Hörder SC ist der unglücklichste Verlierer

DORTMUND Auf diesen "Titel" hätten sie gerne verzichtet. Aber der Hörder SC war ohne Zweifel der unglücklichste Verlierer der Zwischenrunde. Erst im Achtmeterschießen des Entscheidungsspiels gegen den Kirchhörder SC ereilte den A-Kreisligisten in der Halle Renninghausen das Aus.

Hörder SC ist der unglücklichste Verlierer

Die besten Bilder des zweiten Zwischenrunden-Tages in der Halle Renninghausen.

Vorbei der Traum von der ersten Endrunden-Teilnahme seit acht Jahren. Bitter, nachdem die Mannschaft von Trainer Thorsten Fischmann ein tolles Turnier gespielt hatte. Nach zwei 2:1-Siegen über den TuS Körne und den VfL Hörde und einer unglücklichen 1:3-Niederlage gegen Oberligist FC Brünninghausen hatten sich die Benninghofer als Gruppenzweiter für die Überkreuzspiele qualifiziert und dort dem Hombrucher SV in einem packenden Spiel 20 Minuten lang Paroli geboten.

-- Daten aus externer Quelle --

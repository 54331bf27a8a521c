-- ===== src/Core/Recovery/Identity.antt =====
-- The canonical encoding of crates/keymesh-core/src/recovery/mod.rs: what it binds, and what it
-- leaves out.
use Prim.Native.Nat.{bit_xor}
use mathlib.Core.List.{foldl}
use key_mesh.Core.Serialization.{◌▷◌}
use key_mesh.Prelude.{
  if◌then◌else◌, ◌*◌, replicate, Option, ℕ, ◌%◌, ◌^◌, ◌≤◌, ◌<◌, ◌≡◌, ◌↔◌, refl, sym, ap, ◌∙◌, List,
  [], ◌∷◌, ◌++◌, none, some, length, append_assoc, append_inj, arith, ltb, true,
}
use mathlib.Core.Option.{some-injective}
use key_mesh.Prelude.Text.{Str, text}
use key_mesh.Prelude.Bytes.{u64_inj, to_be_bytes, length-to_be_bytes, to_be_bytes_inj}
use key_mesh.Core.Serialization.{
  new_encoder, into_bytes, write_u8, write_u64, write_raw, write_bytes,
}
use key_mesh.Core.Recovery.{RecoveryRequest, approve, cancel, finalize}
use key_mesh.Core.Recovery.Invariant.{Call, step, run}

abbrev pub domain : Str
domain = text "KEYMESH_RECOVERY_V1"

abbrev pub canonical_version : ℕ
canonical_version = 1

-- One round of FNV-1a on a `u64`.
fnv_step : ℕ → ℕ → ℕ
fnv_step hash byte = bit_xor hash byte * 0x0000_0100_0000_01B3 % 2 ^ 64

unfoldable pub keccakless_domain_tag : List ℕ
unfolding fnv_step
keccakless_domain_tag =
    to_be_bytes 8 (foldl fnv_step 0xcbf2_9ce4_8422_2325 domain) ++ replicate 24 0

abbrev pub unwrap_or_empty : Option Str → Str
unwrap_or_empty none = []
unwrap_or_empty (some s) = s

-- `none` is the panic of `expect("quorum fits u8")`.
unfoldable pub canonical_bytes : RecoveryRequest → Option (List ℕ)
canonical_bytes r =
    if ltb r.quorum_snapshot 256
    then some (
        new_encoder
        ▷ write_raw keccakless_domain_tag
        ▷ write_u8 canonical_version
        ▷ write_u64 r.id
        ▷ write_bytes r.wallet
        ▷ write_bytes r.initiator
        ▷ write_bytes (unwrap_or_empty r.replaced_device)
        ▷ write_bytes r.new_device
        ▷ write_u64 r.initiated_at
        ▷ write_u8 r.quorum_snapshot
        ▷ write_u64 r.timelock_snapshot_seconds
        ▷ into_bytes)
    else none

-- `canonical_bytes` panics exactly on a quorum that does not fit a byte.
pub canonical_bytes_panics :
    (r : RecoveryRequest) → (canonical_bytes r ≡ none) ↔ (256 ≤ r.quorum_snapshot)
unfolding canonical_bytes
canonical_bytes_panics r = ground arith

step-canonical : (r : RecoveryRequest) (c : Call) → canonical_bytes (step r c) ≡ canonical_bytes r
unfolding canonical_bytes step approve cancel finalize
step-canonical r c = ground arith

-- No call changes the canonical bytes: approvals, status and timelock are not part of the identity.
pub run-canonical :
    (r : RecoveryRequest) (cs : List Call) → canonical_bytes (run r cs) ≡ canonical_bytes r
unfolding run
run-canonical r [] = refl
run-canonical r (c ∷ cs) = step-canonical (run r cs) c ∙ run-canonical r cs

-- The ranges of the Rust types, and lengths that fit their prefixes.
pub record IsTyped (r : RecoveryRequest) : Type 0 where
  pub id_u64 : r.id < 2 ^ 64
  pub wallet_len : length r.wallet < 2 ^ 32
  pub initiator_len : length r.initiator < 2 ^ 32
  pub replaced_len : length (unwrap_or_empty r.replaced_device) < 2 ^ 32
  pub new_len : length r.new_device < 2 ^ 32
  pub initiated_u64 : r.initiated_at < 2 ^ 64
  pub timelock_u64 : r.timelock_snapshot_seconds < 2 ^ 64

abbrev prefixed : List ℕ → List ℕ → List ℕ
prefixed bytes rest = to_be_bytes 4 (length bytes % 2 ^ 32) ++ (bytes ++ rest)

prefixed_inj :
    (xs ys : List ℕ) {us vs : List ℕ}
    → length xs < 2 ^ 32
    → length ys < 2 ^ 32
    → prefixed xs us ≡ prefixed ys vs
    → (xs ≡ ys) × (us ≡ vs)
prefixed_inj xs ys hx hy e =
    let (len, more) =
      append_inj (to_be_bytes 4 (length xs % 2 ^ 32)) (to_be_bytes 4 (length ys % 2 ^ 32))
        (length-to_be_bytes 4 _ ∙ sym (length-to_be_bytes 4 _)) e in
    let lengths =
      to_be_bytes_inj 4 {v = length xs % 2 ^ 32} {w = length ys % 2 ^ 32} (omega arith)
        (omega arith) len in
    append_inj xs ys (omega arith) more

-- The parts behind the domain tag and the version.
abbrev layout : RecoveryRequest → List ℕ
layout r =
    to_be_bytes 8 r.id
    ++ prefixed r.wallet (
        prefixed r.initiator (
          prefixed (unwrap_or_empty r.replaced_device) (
            prefixed r.new_device (
              to_be_bytes 8 r.initiated_at
              ++ (r.quorum_snapshot ∷ to_be_bytes 8 r.timelock_snapshot_seconds)))))

canonical_bytes-layout :
    (r : RecoveryRequest)
    → r.quorum_snapshot < 256
    → canonical_bytes r ≡ some (keccakless_domain_tag ++ (canonical_version ∷ layout r))
unfolding canonical_bytes new_encoder into_bytes write_u8 write_u64 write_raw write_bytes
canonical_bytes-layout r h =
    let fits : ltb r.quorum_snapshot 256 ≡ true = ground arith in
    rw fits (ap some (simp append_assoc))

-- Two requests in the ranges of the Rust types with the same canonical bytes agree on every field of
-- the identity, where no replaced device and an empty one count as the same.
pub canonical_bytes_inj :
    (r q : RecoveryRequest) (bytes : List ℕ)
    → IsTyped r
    → IsTyped q
    → canonical_bytes r ≡ some bytes
    → canonical_bytes q ≡ some bytes
    → (r.id ≡ q.id)
      × (r.wallet ≡ q.wallet)
      × (r.initiator ≡ q.initiator)
      × (unwrap_or_empty r.replaced_device ≡ unwrap_or_empty q.replaced_device)
      × (r.new_device ≡ q.new_device)
      × (r.initiated_at ≡ q.initiated_at)
      × (r.quorum_snapshot ≡ q.quorum_snapshot)
      × (r.timelock_snapshot_seconds ≡ q.timelock_snapshot_seconds)
canonical_bytes_inj r q bytes t u hr hq =
    let behind_tag =
      (append_inj keccakless_domain_tag keccakless_domain_tag refl (
        some-injective _ _ (
          sym (canonical_bytes-layout r (small r hr))
          ∙ hr
          ∙ sym hq
          ∙ canonical_bytes-layout q (small q hq)))).1 in
    let e = cons_inj behind_tag in
    let (id, e1) = u64_inj t.id_u64 u.id_u64 e.1 in
    let (wallet, e2) = prefixed_inj r.wallet q.wallet t.wallet_len u.wallet_len e1 in
    let (initiator, e3) = prefixed_inj r.initiator q.initiator t.initiator_len u.initiator_len e2 in
    let (replaced, e4) =
      prefixed_inj (unwrap_or_empty r.replaced_device) (unwrap_or_empty q.replaced_device)
        t.replaced_len u.replaced_len e3 in
    let (device, e5) = prefixed_inj r.new_device q.new_device t.new_len u.new_len e4 in
    let (initiated, e6) = u64_inj t.initiated_u64 u.initiated_u64 e5 in
    let (quorum, e7) = cons_inj e6 in
    let timelock = to_be_bytes_inj 8 t.timelock_u64 u.timelock_u64 e7 in
    (id, wallet, initiator, replaced, device, initiated, quorum, timelock)
  where
    small : (p : RecoveryRequest) → canonical_bytes p ≡ some bytes → p.quorum_snapshot < 256
    small p h = ground (arith, canonical_bytes_panics p)

    cons_inj : {x y : ℕ} {xs ys : List ℕ} → x ∷ xs ≡ y ∷ ys → (x ≡ y) × (xs ≡ ys)
    cons_inj h = ground arith
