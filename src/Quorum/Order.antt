-- ===== src/Quorum/Order.antt =====
-- The order of votes that come at one time: it does not change what the ballot comes to.
use key_mesh.Prelude.{ℕ, ◌≡◌, refl, ◌∙◌, Bool, false, List, map, arith, Bool-cases, inl, inr}
use mathlib.Core.Logic.{∥∥₁_elim}
use mathlib.Core.List.{Permᴰ, Perm}
use key_mesh.Prelude.Text.{Str}
use key_mesh.Prelude.Bytes.{bytes_eq, bytes_eq_iff}
use key_mesh.Quorum.{
  Stage, collecting, Ballot, Event, votes, with_vote, closer, stage_after, voters_after, advance,
  replay,
}

-- Votes at one time, the latest first.
abbrev pub votes_at : ℕ → List Str → List Event
votes_at now = map (λ g. votes g now)

-- Two ballots that behave alike: once votes count no more, who voted does not matter.
abbrev SameVoters : Stage → (v w : Str → Bool) → Type 0
SameVoters (collecting missing) v w = (g : Str) → v g ≡ w g
SameVoters _ v w = Unit

Alike : Ballot → Ballot → Type 0
Alike a b = (a.stage ≡ b.stage) × (a.timelock ≡ b.timelock) × SameVoters a.stage a.voted b.voted

same_voters :
    (s : Stage) (v w : Str → Bool)
    → ((missing : ℕ) → s ≡ collecting missing → (g : Str) → v g ≡ w g)
    → SameVoters s v w
same_voters (collecting missing) v w h = h missing refl
same_voters _ v w h = tt

vote-SameVoters :
    (s : Stage) (v w : Str → Bool) (timelock : ℕ) (g : Str) (now : ℕ)
    → SameVoters s v w
    → (stage_after s v timelock (votes g now) ≡ stage_after s w timelock (votes g now))
      × SameVoters
          (stage_after s v timelock (votes g now))
          (voters_after s v (votes g now))
          (voters_after s w (votes g now))
unfolding stage_after voters_after with_vote
vote-SameVoters (collecting missing) v w timelock g now h =
    (rw (h g) refl, same_voters _ _ _ (λ n e x. rw (h x) refl))
vote-SameVoters s v w timelock g now h = (refl, tt)

-- Two votes at one time, in either order.
swap-SameVoters :
    (s : Stage) (v : Str → Bool) (timelock : ℕ) (g k : Str) (now : ℕ)
    → let s1 = stage_after s v timelock (votes g now) in
      let v1 = voters_after s v (votes g now) in
      let s2 = stage_after s v timelock (votes k now) in
      let v2 = voters_after s v (votes k now) in
      (stage_after s1 v1 timelock (votes k now) ≡ stage_after s2 v2 timelock (votes g now))
      × SameVoters
          (stage_after s1 v1 timelock (votes k now))
          (voters_after s1 v1 (votes k now))
          (voters_after s2 v2 (votes g now))
unfolding stage_after voters_after with_vote closer
swap-SameVoters (collecting missing) v timelock g k now = elim (Bool-cases (bytes_eq g k)) [
  | inl same ↦ rw ((bytes_eq_iff g k).0 same) (refl, same_voters _ _ _ (λ n e x. refl))
  | inr apart ↦
      let apart' : bytes_eq k g ≡ false =
        ground (arith, apart, bytes_eq_iff g k, bytes_eq_iff k g) in
      (ground (arith, apart, apart'), same_voters _ _ _ (λ n e x. ground (arith, e, apart, apart')))
]
swap-SameVoters s v timelock g k now = (refl, tt)

SameVoters-trans :
    (s : Stage) (u v w : Str → Bool) → SameVoters s u v → SameVoters s v w → SameVoters s u w
SameVoters-trans (collecting missing) u v w h k = λ g. h g ∙ k g
SameVoters-trans _ u v w h k = tt

SameVoters-refl : (s : Stage) (v : Str → Bool) → SameVoters s v v
SameVoters-refl s v = same_voters s v v (λ n e g. refl)

Alike-refl : (a : Ballot) → Alike a a
unfolding Alike
Alike-refl a = (refl, refl, SameVoters-refl a.stage a.voted)

Alike-trans : (a b c : Ballot) → Alike a b → Alike b c → Alike a c
unfolding Alike
Alike-trans a b c (s, t, v) (s', t', v') =
    (s ∙ s', t ∙ t', SameVoters-trans a.stage a.voted b.voted c.voted v (rw s v'))

vote-Alike :
    (a b : Ballot) (g : Str) (now : ℕ)
    → Alike a b
    → Alike (advance a (votes g now)) (advance b (votes g now))
unfolding Alike advance
vote-Alike a b g now (s, t, v) =
    let (stage, voters) = vote-SameVoters a.stage a.voted b.voted a.timelock g now v in
    (rw (← s, ← t) stage, t, rw (← s) voters)

swap-Alike :
    (a : Ballot) (g k : Str) (now : ℕ)
    → Alike
        (advance (advance a (votes g now)) (votes k now))
        (advance (advance a (votes k now)) (votes g now))
unfolding Alike advance
swap-Alike a g k now =
    let (stage, voters) = swap-SameVoters a.stage a.voted a.timelock g k now in
    (stage, refl, voters)

order-Alike :
    (b : Ballot) (now : ℕ) {gs hs : List Str}
    → Permᴰ gs hs
    → Alike (replay b (votes_at now gs)) (replay b (votes_at now hs))
unfolding replay
order-Alike b now Permᴰ.nil = Alike-refl b
order-Alike b now (Permᴰ.cons {b = h} e p) = rw e (vote-Alike _ _ h now (order-Alike b now p))
order-Alike b now (Permᴰ.swap {a' = k'} {b' = g'} {l = gs} e e') =
    rw (e, e') (swap-Alike (replay b (votes_at now gs)) k' g' now)
order-Alike b now (Permᴰ.trans p q) = Alike-trans _ _ _ (order-Alike b now p) (order-Alike b now q)

Stage-set : IsSet Stage
Stage-set = hlevel

-- Votes at one time come to the same stage in every order.
pub replay-Perm :
    (b : Ballot) (now : ℕ) (gs hs : List Str)
    → Perm gs hs
    → (replay b (votes_at now gs)).stage ≡ (replay b (votes_at now hs)).stage
unfolding Alike
replay-Perm b now gs hs p = ∥∥₁_elim p (Stage-set _ _) (λ d. (order-Alike b now d).0)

Mit 2:0 lagen sie durch Philipp Behrend und Thorsten Kuznik bereits vorne, ehe der Landesligist die Wende schaffte.

"Hatten alles in der Hand"

Es blieb ja noch eine zweite Chance – und auch da führte der HSC gegen Kirchhörde durch Thorsten Kuznik und Till Ötting mit 2:0. „Wir hatten in beiden Spielen alles in der Hand, haben es aber leider nicht geschafft, den Vorsprung über die Zeit zu bringen“, bedauerte Fischmann, der seinen Spielern trotzdem nicht den geringsten Vorwurf machte. Letztendlich mangelte es dem A-Ligisten in entscheidenden Situationen an Cleverness und Ruhe.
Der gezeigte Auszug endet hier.